What Determines the Amount of Energy Stored in a Capacitance?

[Jadaav]

My question is why is the energy stored in a capacitance equals to half the energy supplied by the battery.

I already know that there is heat loss in wires. But what I really want to know is that why is it only half of it ?
It could have been any other fraction.

 

[Dale]

Are you familiar with the derivation? I cannot think of a way to "guess" that it is 1/2 other than deriving it.

 

[TurtleMeister]

If you connect an inductor of sufficient value in series with the capacitor then the loss will be less than 1/2. See this document for details.

 

[oz93666]

It isn't... (virtually) all the energy supplied by the battery is stored in the capacitor.

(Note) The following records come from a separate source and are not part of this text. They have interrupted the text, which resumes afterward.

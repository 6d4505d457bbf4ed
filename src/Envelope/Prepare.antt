-- ===== src/Envelope/Prepare.antt =====
-- packages/application/src/documents/replace-preparation.ts: the signers and the fields of an envelope
-- that is not sent. A `Set` of ids is the list it is made of.
pub mod Prepared
pub mod Given
pub mod LaidOut
use bug_free_fiesta.Program.{
  run, now_utc, require, on_documents, gets, append_event, ◌>>◌, on_signers, pure, on_fields, ◌>>=◌,
  next_id, lift, Handler, Runtime,
}
use bug_free_fiesta.Prelude.{
  ◌+◌, is_none, none, ◌||◌, keep_if, not, [], option_str_eq, ◌==◌, ◌∷◌, some, false, ◌&&◌, length,
  str_eq, any, if◌then◌else◌, ℕ, true, map, ltb, String, List, Bool, Option,
}
use bug_free_fiesta.Domain.Entities.{Signer, SignatureField, Document}
use bug_free_fiesta.Envelope.Contacts.{lower_case, is_email}
use bug_free_fiesta.Domain.Actor.{
  AuthorizationAction, assert_allowed, RequestActor, organization_of_actor, AuthorizationResource,
  AccountUserActor,
}
use bug_free_fiesta.Envelope.Public.{to_public_document, PublicDocument}
use bug_free_fiesta.Domain.Errors.{
  not_found_error, succeeds, throw_if, guard, err, validation_error, ok, Result, ApplicationError,
}
use bug_free_fiesta.Domain.Statuses.{
  signers_updated, SignerStatus, fields_updated, document_state_eq, SignatureFieldType, SigningMode,
  DocumentState, FieldOverlapPolicy,
}
use bug_free_fiesta.Domain.Lifecycle.{
  assert_preparation_unlocked, can_transition_document, is_inspection_accepted,
}
use bug_free_fiesta.Domain.FieldGeometry.{assert_field_layout, FieldBox}
use bug_free_fiesta.Prelude.Int.{pos, ℤ}
use bug_free_fiesta.Domain.Text.{codes, utf16_length}
use bug_free_fiesta.Envelope.Requests.{trim}
use bug_free_fiesta.Store.Signers.{
  signers_of_document, fields_of_document, replace_all_fields, replace_all_signers,
}
use bug_free_fiesta.Domain.Json.{end, string, strings, array, prop}
use bug_free_fiesta.Domain.SigningMode.{asserted_signing_mode, assert_signer_routing}
use bug_free_fiesta.Store.Documents.{
  set_signing_mode, set_preparation_state, find_document, bump_document,
}
use bug_free_fiesta.Envelope.Void.{revision_of}

pub record SignerRow : Type 0 where
  pub signer_id : Option String
  pub email : String
  pub display_name : String
  pub routing_order : ℕ

pub record ReplaceSignersInput : Type 0 where
  pub actor : AccountUserActor
  pub document_id : String
  pub signing_mode : String
  pub signers : List SignerRow
  pub request_id : String

pub record FieldRow : Type 0 where
  pub signer_id : String
  pub type : String
  pub page_number : ℕ
  pub x : ℤ
  pub y : ℤ
  pub width : ℤ
  pub height : ℤ
  pub required : Option Bool

pub record ReplaceFieldsInput : Type 0 where
  pub actor : AccountUserActor
  pub document_id : String
  pub overlap_policy : FieldOverlapPolicy
  pub fields : List FieldRow
  pub request_id : String

abbrev refuse_row : String → String → ApplicationError
refuse_row field reason = validation_error (("field", field) ∷ ("reason", reason) ∷ [])

-- `ids.has(id)`
abbrev pub has_id : String → List String → Bool
has_id id ids = any (λ other. str_eq other id) ids

abbrev is_known : Option String → List String → Bool
is_known none existing_ids = true
is_known (some id) existing_ids = has_id id existing_ids

abbrev pub assigned_to : Signer → SignatureField → Bool
assigned_to signer field = str_eq field.signer_id signer.id

unfoldable pub assert_each_signer_has_field : List Signer → List SignatureField → Result (Unit {0})
assert_each_signer_has_field [] fields = ok tt
assert_each_signer_has_field (signer ∷ signers) fields =
    if length (keep_if (assigned_to signer) fields) == 0
    then err (
        validation_error
          (("field", "fields") ∷ ("reason", "signer_missing_field") ∷ ("signerId", signer.id) ∷ []))
    else assert_each_signer_has_field signers fields

unfoldable pub envelope_is_prepared : Document → List Signer → List SignatureField → Bool
unfolding assert_each_signer_has_field
envelope_is_prepared document signers fields =
    is_inspection_accepted document.inspection_status
    && not (is_none document.current_revision_id)
    && not (ltb (length signers) 1 || ltb (length fields) 1)
    && succeeds (assert_signer_routing document.signing_mode signers)
    && succeeds (assert_each_signer_has_field signers fields)

abbrev pub preparation_state : Bool → DocumentState
preparation_state true = DocumentState.prepared
preparation_state false = DocumentState.draft

unfoldable pub maybe_mark_prepared : Document → List Signer → List SignatureField → Handler Document
unfolding envelope_is_prepared
maybe_mark_prepared document signers fields =
    let next_state = preparation_state (envelope_is_prepared document signers fields) in
    if document_state_eq document.state next_state
      || not (can_transition_document document.state next_state)
    then pure document
    else on_documents (
        bump_document
          (record { organization_id = document.organization_id; document_id = document.id })
          document.version (set_preparation_state next_state))

-- `new Set(signers.map((signer) => signer.email)).size`
abbrev distinct_emails : List Signer → ℕ
distinct_emails [] = 0
distinct_emails (signer ∷ signers) =
    (if any (λ other. option_str_eq other.email signer.email) signers then 0 else 1)
    + distinct_emails signers

abbrev normal_email : SignerRow → String
normal_email row = lower_case (trim row.email)

abbrev bad_name : String → Bool
bad_name name = ltb (utf16_length (codes name)) 1 || ltb 120 (utf16_length (codes name))

abbrev ids_of : List Signer → List String
ids_of = map (λ signer. signer.id)

unfoldable pub to_field_type : String → Result SignatureFieldType
to_field_type text =
    if str_eq text "signature"
    then ok SignatureFieldType.signature
    else (if str_eq text "initials"
        then ok SignatureFieldType.initials
        else (if str_eq text "date_signed"
            then ok SignatureFieldType.date_signed
            else (if str_eq text "signer_name"
                then ok SignatureFieldType.signer_name
                else err (refuse_row "type" "invalid"))))

abbrev pub box_of : SignatureField → FieldBox
box_of field = record {
  page_number = pos field.page_number;
  x = field.x;
  y = field.y;
  width = field.width;
  height = field.height;
}

module _ (rt : Runtime) where
  -- `input.row.signerId ?? input.ids.next()`
  unfoldable pub id_or_next : Option String → Handler String
  id_or_next none = next_id rt
  id_or_next (some id) = pure id

  unfoldable pub to_signer : SignerRow → String → String → List String → ℕ → Handler Signer
  unfolding is_email lower_case trim utf16_length
  to_signer row organization_id document_id existing_ids now = do
    lift (guard (is_email (normal_email row)) (refuse_row "email" "invalid"))
    lift (throw_if (bad_name (trim row.display_name)) (refuse_row "displayName" "invalid"))
    signer_id ← id_or_next row.signer_id
    lift (guard (is_known row.signer_id existing_ids) (refuse_row "signerId" "unknown_signer"))
    pure (record {
      id = signer_id;
      organization_id = organization_id;
      document_id = document_id;
      account_user_id = none;
      routing_order = row.routing_order;
      status = SignerStatus.pending;
      email = some (normal_email row);
      display_name = trim row.display_name;
      version = 1;
      completed_at = none;
      declined_at = none;
      created_at = now;
      updated_at = now;
    })

  -- `input.signers.map((row) => toSigner(…))`
  unfoldable pub to_signers :
      List SignerRow → String → String → List String → ℕ → Handler (List Signer)
  unfolding to_signer
  to_signers [] organization_id document_id existing_ids now = pure []
  to_signers (row ∷ rows) organization_id document_id existing_ids now = do
    signer ← to_signer row organization_id document_id existing_ids now
    signers ← to_signers rows organization_id document_id existing_ids now
    pure (signer ∷ signers)

  -- The fields that are left without a signer are removed.
  unfoldable pub keep_fields :
      String → String → List SignatureField → List SignatureField → Handler (Unit {0})
  keep_fields organization_id document_id kept fields =
      if length kept == length fields
      then pure tt
      else (do replaced ← on_fields (replace_all_fields organization_id document_id kept); pure tt)

  unfoldable pub store_signers :
      ReplaceSignersInput
      → String
      → Document
      → SigningMode
      → List Signer
      → ℕ
      → Handler (Document × List SignatureField)
  store_signers input organization_id document signing_mode signers now = do
    replaced ← on_signers (replace_all_signers organization_id document.id signers)
    fields ← gets (λ s. fields_of_document organization_id document.id s.fields)
    keep_fields organization_id document.id
        (keep_if (λ field. has_id field.signer_id (ids_of replaced)) fields) fields
    moded ← on_documents (
        bump_document (record { organization_id = organization_id; document_id = document.id })
          document.version (set_signing_mode signing_mode))
    next ←
        maybe_mark_prepared moded replaced
          (keep_if (λ field. has_id field.signer_id (ids_of replaced)) fields)
    append_event rt (RequestActor.account_user input.actor) organization_id document.id
        signers_updated now
        (prop "signerIds" (array (strings (ids_of replaced)))
          (prop "signingMode" (string input.signing_mode) end))
        input.request_id
    pure (next, keep_if (λ field. has_id field.signer_id (ids_of replaced)) fields)

  abbrev write_resource : String → String → AuthorizationResource
  write_resource organization_id document_id = record {
    organization_id = organization_id;
    document_id = some document_id;
    signer_id = none;
  }

  unfoldable pub replace_document_signers : ReplaceSignersInput → Handler PublicDocument
  replace_document_signers input = do
    organization_id ← lift (organization_of_actor (RequestActor.account_user input.actor))
    lift (
        assert_allowed (RequestActor.account_user input.actor) AuthorizationAction.document_write
          (write_resource organization_id input.document_id))
    found ← gets (λ s.
        find_document
          (record { organization_id = organization_id; document_id = input.document_id })
          s.documents)
    document ← require found (not_found_error (("resource", "document") ∷ []))
    lift (assert_preparation_unlocked document)
    signing_mode ← lift (asserted_signing_mode input.signing_mode)
    now ← now_utc rt
    existing ← gets (λ s. signers_of_document organization_id document.id s.signers)
    signers ← to_signers input.signers organization_id document.id (ids_of existing) now
    lift (assert_signer_routing signing_mode signers)
    lift (guard (distinct_emails signers == length signers) (refuse_row "email" "duplicate"))
    persisted ← run (store_signers input organization_id document signing_mode signers now)
    revision ←
        gets
          (λ s. revision_of persisted.0.organization_id persisted.0.current_revision_id s.revisions)
    pure (to_public_document persisted.0 revision signers persisted.1)

  unfoldable pub to_field : FieldRow → String → String → List String → ℕ → Handler SignatureField
  to_field row organization_id document_id signer_ids now = do
    lift (guard (has_id row.signer_id signer_ids) (refuse_row "signerId" "unknown_signer"))
    type ← lift (to_field_type row.type)
    id ← next_id rt
    pure (record {
      id = id;
      organization_id = organization_id;
      document_id = document_id;
      signer_id = row.signer_id;
      type = type;
      page_number = row.page_number;
      x = row.x;
      y = row.y;
      width = row.width;
      height = row.height;
      required = elim row.required [ none ↦ true | some required ↦ required ];
      completed_at = none;
      completion_object_key = none;
      completion_content_type = none;
      completion_size_bytes = none;
      completion_sha256_digest = none;
      flattened_revision_id = none;
      created_at = now;
      updated_at = now;
    })

  -- `input.fields.map((row) => …)`
  unfoldable pub to_fields :
      List FieldRow → String → String → List String → ℕ → Handler (List SignatureField)
  unfolding to_field
  to_fields [] organization_id document_id signer_ids now = pure []
  to_fields (row ∷ rows) organization_id document_id signer_ids now = do
    field ← to_field row organization_id document_id signer_ids now
    fields ← to_fields rows organization_id document_id signer_ids now
    pure (field ∷ fields)

  unfoldable pub store_fields :
      ReplaceFieldsInput
      → String
      → Document
      → List Signer
      → List SignatureField
      → ℕ
      → Handler Document
  store_fields input organization_id document signers fields now = do
    replaced ← on_fields (replace_all_fields organization_id document.id fields)
    next ← maybe_mark_prepared document signers replaced
    append_event rt (RequestActor.account_user input.actor) organization_id document.id
        fields_updated now (prop "fieldIds" (array (strings (map (λ row. row.id) replaced))) end)
        input.request_id
    pure next

  unfoldable pub replace_document_fields : ReplaceFieldsInput → Handler PublicDocument
  replace_document_fields input = do
    organization_id ← lift (organization_of_actor (RequestActor.account_user input.actor))
    lift (
        assert_allowed (RequestActor.account_user input.actor) AuthorizationAction.document_write
          (write_resource organization_id input.document_id))
    found ← gets (λ s.
        find_document
          (record { organization_id = organization_id; document_id = input.document_id })
          s.documents)
    document ← require found (not_found_error (("resource", "document") ∷ []))
    lift (assert_preparation_unlocked document)
    revision_found ←
        gets (λ s. revision_of document.organization_id document.current_revision_id s.revisions)
    revision ← require revision_found (validation_error (("reason", "missing_revision") ∷ []))
    signers ← gets (λ s. signers_of_document organization_id document.id s.signers)
    lift (throw_if (length signers == 0) (refuse_row "signers" "empty"))
    now ← now_utc rt
    fields ← to_fields input.fields organization_id document.id (ids_of signers) now
    lift (assert_field_layout (map box_of fields) (pos revision.page_count) input.overlap_policy)
    lift (assert_each_signer_has_field signers fields)
    next ← run (store_fields input organization_id document signers fields now)
    pure (to_public_document next (some revision) signers fields)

There maybe confusion here because the formula for energy in a cap. is E=1/2 xCxVxV ... this is also the energy supplied by the battery(except for , normally, very small loss due to resistance in connecting wire, and internal resistance of cap.)

 

[Dale]

No, the OP is correct. In a RC circuit the resistance dissipates exactly half of the energy.

 

[oz93666]

That was not the query...In an RC circuit the resistance dissipates ALL the energy , not half ...his question was ..." why the energy stored in the capacitor is half supplied" ALL energy supplied by the battery is stored, except perhaps a few % (in normal circumstances) lost in connecting wires and int. resistance.

 

[Dale]

No, that is incorrect. In a RC circuit half of the energy supplied by the battery is dissipated by the resistor and the other half of the energy supplied by the battery is stored in the capacitor.

 

[oz93666]

My friend ... this is not true. first an RC circuit is an RC circuit not an RC battery circuit!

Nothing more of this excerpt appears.